[Data for review]:
=== Section Start ===

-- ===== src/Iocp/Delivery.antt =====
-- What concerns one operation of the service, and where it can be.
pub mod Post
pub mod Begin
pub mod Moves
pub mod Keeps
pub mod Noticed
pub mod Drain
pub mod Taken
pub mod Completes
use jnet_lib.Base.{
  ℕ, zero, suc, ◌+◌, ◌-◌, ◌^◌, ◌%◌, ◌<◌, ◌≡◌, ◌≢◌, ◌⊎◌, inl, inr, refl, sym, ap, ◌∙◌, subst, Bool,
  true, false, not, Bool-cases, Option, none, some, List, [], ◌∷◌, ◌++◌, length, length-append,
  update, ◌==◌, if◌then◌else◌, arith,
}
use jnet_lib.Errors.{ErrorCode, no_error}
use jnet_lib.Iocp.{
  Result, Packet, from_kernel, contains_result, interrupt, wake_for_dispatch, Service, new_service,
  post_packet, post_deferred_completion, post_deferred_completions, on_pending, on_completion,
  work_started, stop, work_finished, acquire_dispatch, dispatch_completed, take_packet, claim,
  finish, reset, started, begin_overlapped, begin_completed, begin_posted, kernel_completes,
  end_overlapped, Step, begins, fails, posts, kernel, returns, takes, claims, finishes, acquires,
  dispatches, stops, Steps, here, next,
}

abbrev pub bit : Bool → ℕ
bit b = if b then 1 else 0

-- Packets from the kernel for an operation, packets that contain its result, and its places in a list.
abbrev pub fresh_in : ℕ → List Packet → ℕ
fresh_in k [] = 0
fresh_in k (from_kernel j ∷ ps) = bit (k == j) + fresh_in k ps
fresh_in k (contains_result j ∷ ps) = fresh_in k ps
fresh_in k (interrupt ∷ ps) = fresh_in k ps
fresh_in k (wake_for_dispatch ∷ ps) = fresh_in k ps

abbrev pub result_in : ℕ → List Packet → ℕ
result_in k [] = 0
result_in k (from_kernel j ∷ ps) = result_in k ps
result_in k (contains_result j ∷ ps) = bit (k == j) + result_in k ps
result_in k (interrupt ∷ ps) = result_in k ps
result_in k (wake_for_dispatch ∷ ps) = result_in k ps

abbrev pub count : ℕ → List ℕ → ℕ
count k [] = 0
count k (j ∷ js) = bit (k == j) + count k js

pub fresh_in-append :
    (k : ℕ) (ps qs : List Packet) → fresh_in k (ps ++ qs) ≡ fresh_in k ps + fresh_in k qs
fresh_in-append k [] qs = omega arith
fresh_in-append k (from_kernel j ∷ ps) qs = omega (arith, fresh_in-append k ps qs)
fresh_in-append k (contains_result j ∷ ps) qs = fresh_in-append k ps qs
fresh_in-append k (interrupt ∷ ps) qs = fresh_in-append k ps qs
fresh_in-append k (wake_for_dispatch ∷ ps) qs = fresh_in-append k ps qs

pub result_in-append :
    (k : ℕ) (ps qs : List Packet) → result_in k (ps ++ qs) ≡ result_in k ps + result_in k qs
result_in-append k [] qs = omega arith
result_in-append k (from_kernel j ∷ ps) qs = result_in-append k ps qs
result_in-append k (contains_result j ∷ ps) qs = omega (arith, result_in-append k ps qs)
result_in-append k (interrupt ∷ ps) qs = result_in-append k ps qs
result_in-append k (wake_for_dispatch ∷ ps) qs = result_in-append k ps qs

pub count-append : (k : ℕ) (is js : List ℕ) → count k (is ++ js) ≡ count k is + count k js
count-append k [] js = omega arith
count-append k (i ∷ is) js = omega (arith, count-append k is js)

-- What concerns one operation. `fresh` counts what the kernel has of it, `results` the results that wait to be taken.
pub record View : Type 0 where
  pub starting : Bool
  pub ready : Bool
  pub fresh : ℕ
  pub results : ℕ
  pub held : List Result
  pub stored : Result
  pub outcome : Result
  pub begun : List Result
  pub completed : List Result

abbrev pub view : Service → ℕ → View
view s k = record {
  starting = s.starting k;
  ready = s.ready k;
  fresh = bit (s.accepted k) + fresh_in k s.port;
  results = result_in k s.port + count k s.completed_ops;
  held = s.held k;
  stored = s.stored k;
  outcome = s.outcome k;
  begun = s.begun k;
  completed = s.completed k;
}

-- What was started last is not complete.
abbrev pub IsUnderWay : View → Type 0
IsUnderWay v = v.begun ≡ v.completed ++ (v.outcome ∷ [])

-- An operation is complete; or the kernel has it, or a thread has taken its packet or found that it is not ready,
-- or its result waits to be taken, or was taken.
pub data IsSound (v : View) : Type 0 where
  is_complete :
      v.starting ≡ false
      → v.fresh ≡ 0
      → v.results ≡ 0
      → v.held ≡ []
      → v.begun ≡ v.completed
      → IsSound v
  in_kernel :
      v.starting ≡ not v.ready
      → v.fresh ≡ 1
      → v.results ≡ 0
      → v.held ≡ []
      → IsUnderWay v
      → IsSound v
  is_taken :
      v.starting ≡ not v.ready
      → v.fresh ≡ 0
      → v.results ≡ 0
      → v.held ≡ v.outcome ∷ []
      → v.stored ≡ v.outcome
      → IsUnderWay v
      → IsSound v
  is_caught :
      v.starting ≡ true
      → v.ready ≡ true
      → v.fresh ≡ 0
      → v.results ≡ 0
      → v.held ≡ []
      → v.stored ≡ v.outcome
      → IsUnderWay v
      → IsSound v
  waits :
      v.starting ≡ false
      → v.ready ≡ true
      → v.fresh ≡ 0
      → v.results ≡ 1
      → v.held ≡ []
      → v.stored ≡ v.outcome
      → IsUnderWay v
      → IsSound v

=== Section End ===

[Task requirements]: Reproduce the lines above, beginning at the line with "result_in-append k (interrupt" and stopping after the line with "count-append k [] js = omega arith", exactly as they are.

[Written answer]:
result_in-append k (interrupt ∷ ps) qs = result_in-append k ps qs
result_in-append k (wake_for_dispatch ∷ ps) qs = result_in-append k ps qs

pub count-append : (k : ℕ) (is js : List ℕ) → count k (is ++ js) ≡ count k is + count k js
count-append k [] js = omega arith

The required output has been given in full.